Hypothesis / aims of study
The etiology of detrusor underactivity (DU) is multifactorial. Studies hypothesized that detrusor overactivity (DO) and detrusor hyperactivity with inadequate contractility (DHIC) and DU might be a sequential change of cystopathy. However, there has been no evidence to demonstrate the exact relationship between DO and DU in human subjects. This study investigated patients with DO who have been long term followed up at our clinic to investigate whether DO may progress to DU after a period of time with regular treatment.
Study design, materials and methods
We retrospectively reviewed 80 female patients with non-neurogenic DO and had been followed up for at least 3 years. All patients received video-urodynamic study (VUDS) in the beginning and DO was confirmed. They received regular treatment for DO at a single medical center. Because these patients had persistent overactive bladder symptoms, or had been found to have progressive lower urinary tract symptoms, a second VUDS was performed to evaluate their bladder and bladder outlet dysfunctions. During the follow-up period, repeat video urodynamic study was performed. We compared the video urodynamic parameters of the first and the latest VUDS and analysed the changes of these parameters.
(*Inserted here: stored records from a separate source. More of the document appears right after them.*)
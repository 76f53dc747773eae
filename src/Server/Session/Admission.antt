-- ===== src/Server/Session/Admission.antt =====
-- What becomes of a client that waits for a room, server/handler.go with server/room.go.
use net_cat.Base.{
  is_member, Bytes, bytes_eq_refl, ℕ, suc, true, false, ◌≡◌, refl, sym, ◌∙◌, ap, List, [], ◌∷◌,
  Option, some, arith,
}
use net_cat.Base.Assoc.{lookup, insert, lookup-insert}
use net_cat.Client.{Client}
use net_cat.Server.{Server, send_to, Room, Now, QueueEntry, is_shutting_down, on_client}
use net_cat.Server.Rooms.{
  next_open, admit_next, admit_from_room_queue, send_positions, put_room, drop_member, enter_room,
  join_room, get_or_create_room,
}
use net_cat.Server.Session.{chatting, waiting, joining, ReadError}
use net_cat.Server.Session.Endings.{IsOver, on_read_error-IsOver}
use net_cat.Server.Course.{After}
use net_cat.Server.Session.Steps.{
  admit_opened, select_signal, on_signal, on_join, on_read_error, enter_session,
}
use net_cat.Server.Index.{Index, index}
use net_cat.Server.Consistency.SessionSteps.{prepare_client_session-index}

-- The index after `JoinRoom`, as to the client and its new room.
pub drop_member-heap : (c : ℕ) (name : Bytes) (s : Server) → (drop_member c name s).heap ≡ s.heap
unfolding drop_member put_room
drop_member-heap c name s = ground arith

enter_room-member :
    (c : ℕ) (room : Bytes) (s : Server)
    → ((index (enter_room c room s)).member_at room (s.heap c).username ≡ some c)
      × ((index (enter_room c room s)).room_at c ≡ room)
unfolding enter_room index put_room on_client
enter_room-member c room s =
    let r = get_or_create_room room s in
    let name = (s.heap c).username in
    let inserted = insert name c r.clients in
    (
      ground (
        arith,
        lookup-insert room room (record r { clients = inserted }) s.rooms,
        bytes_eq_refl room,
        lookup-insert name name c r.clients,
        bytes_eq_refl name,
      ),
      ground arith,
    )

pub join_room-member :
    (c : ℕ) (room : Bytes) (s : Server)
    → ((index (join_room c room s)).member_at room (s.heap c).username ≡ some c)
      × ((index (join_room c room s)).room_at c ≡ room)
unfolding join_room
join_room-member c room s =
    let (h, k) = enter_room-member c room (drop_member c (s.heap c).username s) in
    (
      ap {B = Option ℕ}
            (λ (f : ℕ → Client). (index (join_room c room s)).member_at room (f c).username)
            (sym (drop_member-heap c (s.heap c).username s))
          ∙ unfold join_room in h,
      k,
    )

send_positions-admitted :
    (i : ℕ) (es : List QueueEntry) (s : Server) → (send_positions i es s).admitted ≡ s.admitted
unfolding send_positions
send_positions-admitted i [] s = refl
send_positions-admitted i (e ∷ es) s =
    send_positions-admitted (suc i) es _ ∙ (unfold send_to on_client in refl)

admit_from_room_queue-admitted :
    (room : Bytes) (r : Room) (e : QueueEntry) (es : List QueueEntry) (s : Server)
    → s.quit ≡ false
    → lookup room s.rooms ≡ some r
    → next_open s.heap r.queue ≡ some (e, es)
    → (admit_from_room_queue room s).admitted ≡ e.id ∷ s.admitted
unfolding admit_from_room_queue admit_next is_shutting_down
admit_from_room_queue-admitted room r e es s q found next =
    rw (q, found, next) (send_positions-admitted 0 es _)

on_signal-admitted :
    (c : ℕ) (room : Bytes) (id : ℕ) (s : Server)
    → is_member id s.admitted ≡ true
    → on_signal c admit_opened (waiting room id) s ≡ (joining room, s)
unfolding on_signal select_signal
on_signal-admitted c room id s h = rw h refl

enter_session-member :
    (now : Now) (c : ℕ) (room : Bytes) (s : Server)
    → (let u = (enter_session now c room s).1 in
        ((index u).member_at room (s.heap c).username ≡ some c) × ((index u).room_at c ≡ room))
unfolding enter_session
enter_session-member now c room s =
    let same = prepare_client_session-index now c (join_room c room s) in
    let (member, place) = join_room-member c room s in
    (
      ap {B = Option ℕ} (λ (x : Index). x.member_at room (s.heap c).username) same ∙ member,
      ap {B = Bytes} (λ (x : Index). x.room_at c) same ∙ place,
    )

-- When a slot opens while the server runs, the first open entry of the room's queue gets it for
-- good: on any later server, the client that waits with this entry goes on to join when it takes
-- the admit branch of its select, and after it has joined it chats, is a member of the room under
-- its name, and says that it is there. If its read fails before it takes that branch, its
-- connection is over instead.
pub admit_from_room_queue-joins :
    (now : Now) (room : Bytes) (r : Room) (e : QueueEntry) (es : List QueueEntry) (s t : Server)
    → s.quit ≡ false
    → lookup room s.rooms ≡ some r
    → next_open s.heap r.queue ≡ some (e, es)
    → After [] t (admit_from_room_queue room s)
    → (let c = e.client in
        let (phase, u) = on_join now c (joining room) t in
        (on_signal c admit_opened (waiting room e.id) t ≡ (joining room, t))
        × (phase ≡ chatting)
        × ((index u).member_at room (t.heap c).username ≡ some c)
        × ((index u).room_at c ≡ room)
        × ((err : ReadError) → IsOver c (on_read_error now c (waiting room e.id) err t)))
unfolding on_join
admit_from_room_queue-joins now room r e es s t q found next later =
    let c = e.client in
    let opened =
      later.course.admits e.id
        (rw (admit_from_room_queue-admitted room r e es s q found next) (heads e.id s.admitted)) in
    let (member, place) = enter_session-member now c room t in
    (
      on_signal-admitted c room e.id t opened,
      unfold enter_session in refl,
      member,
      place,
      λ err. on_read_error-IsOver now c (waiting room e.id) err t refl,
    )
  where
    heads : (id : ℕ) (ids : List ℕ) → is_member id (id ∷ ids) ≡ true
    heads id ids = ground arith
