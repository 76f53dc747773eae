-- ===== src/Server/Commands/Gap/Exact.antt =====
-- How many members a room has after `switchClientRoom` of server/commands.go, exactly.
use net_cat.Base.{
  Bytes, bytes_eq, bytes_eq_iff, bytes_eq_refl, ℕ, suc, false, ◌≡◌, ◌≢◌, refl, ◌∙◌, ap, [], none,
  inl, inr, arith, Bool-cases, Option-cases, codes,
}
use net_cat.Base.Assoc.{lookup, insert, length-insert, delete, lookup-delete, lookup-insert}
use net_cat.Server.{Server, Now}
use net_cat.Server.Names.{validate_room_name}
use net_cat.Server.Rooms.{
  get_room_client_count, get_or_create_room, put_room, drop_member, enter_room, join_room,
  admit_from_room_queue, delete_room_if_empty,
}
use net_cat.Server.Rooms.Capacity.{
  same_room-count, put_room-count, get_or_create_room-count, enter_room-same,
  admit_from_room_queue-count,
}
use net_cat.Server.Index.{Index, index}
use net_cat.Server.Index.Keep.{get_or_create_room-members}
use net_cat.Server.Consistency.Travel.{announce_leave-index}
use net_cat.Server.Session.Admission.{drop_member-heap}
use net_cat.Server.Commands.Travel.{announce_leave, switch_client_room}
use net_cat.Server.Commands.Capacity.{
  send_to-count, prompt_to-count, announce_leave-count, announce_join-count, send_history-count,
}
use net_cat.Server.Commands.Gap.{create_across, cmd_create_across}

-- The room that a client leaves is the only one that loses a member, or is deleted.
module _ (k name : Bytes) (other : bytes_eq name k ≡ false) where
  delete_room_if_empty-elsewhere :
      (s : Server)
      → get_room_client_count k (delete_room_if_empty name s) ≡ get_room_client_count k s
  unfolding delete_room_if_empty get_room_client_count
  delete_room_if_empty-elsewhere s = ground (arith, lookup-delete name k s.rooms, other)

drop_member-room :
    (k : Bytes) (c : ℕ) (name : Bytes) (s : Server)
    → bytes_eq (s.heap c).room k ≡ false
    → lookup k (drop_member c name s).rooms ≡ lookup k s.rooms
unfolding drop_member
drop_member-room k c name s other = elim (Bool-cases (bytes_eq (s.heap c).room [])) [
  | inl e ↦ rw (e, drop_member) refl
  | inr e ↦ elim (Option-cases (lookup (s.heap c).room s.rooms)) [
    | inl g ↦ rw (e, g, drop_member) refl
    | inr (r, g) ↦
        rw (e, g, drop_member)
          (unfold put_room in
            lookup-insert (s.heap c).room k (record r { clients = delete name r.clients }) s.rooms
            ∙ rw other refl)
  ]
]

enter_room-adds :
    (c : ℕ) (room : Bytes) (s : Server)
    → (index s).member_at room (s.heap c).username ≡ none
    → get_room_client_count room (enter_room c room s) ≡ suc (get_room_client_count room s)
unfolding index
enter_room-adds c room s absent =
    let r = get_or_create_room room s in
    enter_room-same room c room s
    ∙ put_room-count room room (record r { clients = insert (s.heap c).username c r.clients }) s
    ∙ rw (bytes_eq_refl room) (
        length-insert (s.heap c).username c r.clients
        ∙ rw (get_or_create_room-members room (s.heap c).username s, absent)
            (ap suc (get_or_create_room-count room s)))

join_room-adds :
    (c : ℕ) (room : Bytes) (s : Server)
    → (index s).member_at room (s.heap c).username ≡ none
    → bytes_eq (s.heap c).room room ≡ false
    → get_room_client_count room (join_room c room s) ≡ suc (get_room_client_count room s)
unfolding join_room
join_room-adds c room s absent other =
    let u = drop_member c (s.heap c).username s in
    let same = drop_member-room room c (s.heap c).username s other in
    enter_room-adds c room u
      (unfold index in rw (drop_member-heap c (s.heap c).username s, same) (unfold index in absent))
    ∙ ap suc (same_room-count room s u same)

-- `switchClientRoom` does not look at the capacity: it adds a member.
switch_client_room-adds :
    (now : Now) (c : ℕ) (room : Bytes) (s : Server)
    → (index s).member_at room (s.heap c).username ≡ none
    → bytes_eq (s.heap c).room room ≡ false
    → get_room_client_count room (switch_client_room now c room s)
      ≡ suc (get_room_client_count room s)
unfolding switch_client_room index
switch_client_room-adds now c room s absent other =
    let old_room = (s.heap c).room in
    let left = announce_leave now old_room (s.heap c).username (codes "switched") s in
    let same = announce_leave-index now old_room (s.heap c).username (codes "switched") s in
    let moved = join_room c room left in
    let admitted = admit_from_room_queue old_room moved in
    let tidied = delete_room_if_empty old_room admitted in
    send_to-count room c _ _
    ∙ announce_join-count room now room (s.heap c).username _
    ∙ send_history-count room c room tidied
    ∙ delete_room_if_empty-elsewhere room old_room other admitted
    ∙ admit_from_room_queue-count room old_room moved
    ∙ join_room-adds c room left (absent_in left same) (other_in left same)
    ∙ ap suc (announce_leave-count room now old_room (s.heap c).username (codes "switched") s)
  where
    absent_in :
        (t : Server) → index t ≡ index s → (index t).member_at room (t.heap c).username ≡ none
    absent_in t e = ap (λ (x : Index). x.member_at room (x.username_at c)) e ∙ absent

    other_in : (t : Server) → index t ≡ index s → bytes_eq (t.heap c).room room ≡ false
    other_in t e = ap (λ (x : Index). bytes_eq (x.room_at c) room) e ∙ other

create_across-adds :
    (between : Server → Server) (now : Now) (c : ℕ) (name : Bytes) (s : Server)
    → lookup name s.rooms ≡ none
    → (index (between s)).member_at name ((between s).heap c).username ≡ none
    → bytes_eq ((between s).heap c).room name ≡ false
    → get_room_client_count name (create_across between now c name none s)
      ≡ suc (get_room_client_count name (between s))
unfolding create_across
create_across-adds between now c name s new absent other =
    rw (new, create_across)
      (prompt_to-count name now c _ ∙ switch_client_room-adds now c name (between s) absent other)

-- After `/create` with a valid name of a room that was not there, by a client that is neither in a
-- room of that name nor a member of it, the room has exactly one member more than others have put
-- into it in the gap between the check that it is not there and the move, be that number the limit
-- or above: the capacity is not looked at.
pub cmd_create_across-adds :
    (between : Server → Server) (now : Now) (c : ℕ) (args : Bytes) (s : Server)
    → args ≢ []
    → validate_room_name args ≡ none
    → lookup args s.rooms ≡ none
    → (index (between s)).member_at args ((between s).heap c).username ≡ none
    → bytes_eq ((between s).heap c).room args ≡ false
    → (get_room_client_count args (cmd_create_across between now c args s)
        ≡ suc (get_room_client_count args (between s)))
unfolding cmd_create_across
cmd_create_across-adds between now c args s given valid new absent other =
    elim (Bool-cases (bytes_eq args [])) [
      | inl e ↦ absurd (given ((bytes_eq_iff args []).0 e))
      | inr e ↦
          rw (e, valid, cmd_create_across)
            (create_across-adds between now c args s new absent other)
    ]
The mean follow-up duration was 7.6 ± 3.9 (range 3~19.9) years, and the mean age was 59.4 ± 16.4 (18~87) years old. DU was defined by VUDS when Pdet.Qmax < 10 cmH2O and voiding efficiency (VE) less than 0.33. Among the 80 patients, 13 (16.6%) progressed to DU at the latest VUDS. The mean duration of DO progress to DU was 6.3 ± 2.7 years. In the other 67 patients, 3 (3.8%) turned to be a stable bladder, 8 (10%) was diagnosed as hypersensitive bladder without DO, and 56 (70%) were persisted with urodynamic DO. DO patient with bladder outlet obstruction (BOO, n=10, 20.4%) tended to progress to DU more than DO patients without BOO (n=3, 9.7%) (Table 1), although the duration of DO progression to DU was not significantly different between BOO and non-BOO groups (p = 0.754). Besides, we compared the patients with baseline Pdet.Qmax ≤20 cmH2O and >20 cmH2O and found a lower baseline Pdet.Qmax tended to progress to low detrusor contractility at follow-up (p = 0.028). The same trend was also found in patients with a worse baseline VE ≤ 0.33 compared to VE > 0.33 (p = 0.015) (Table 2). However, when we analyzed the duration to DO progression to DU by age, Pdet.Qmax, VE and BOO or not all showed no significant difference (Table 3).
Interpretation of results
This study found 16.3% of the DO women progressed to DU at a mean follow-up period of 7.6 years. The bladder contractility decreases with time especially in patients with BOO and DO. DO in BOO patients tends to progress to DU. DO patients with a lower baseline Pdet.Qmax or a worse baseline VE showed significantly higher rate in progression to DU. The mean duration of DO progression to DU was around 7 years, but the duration of follow-up cannot be predicted by the age, Pdet.Qmax, VE or BOO in this study. BOO might increase intravesical pressure and result in increased oxidative stress of the detrusor. In patients with DO due to BOO, the progressive oxidative stress might result in decrease of detrusor contractility and ultimately DU.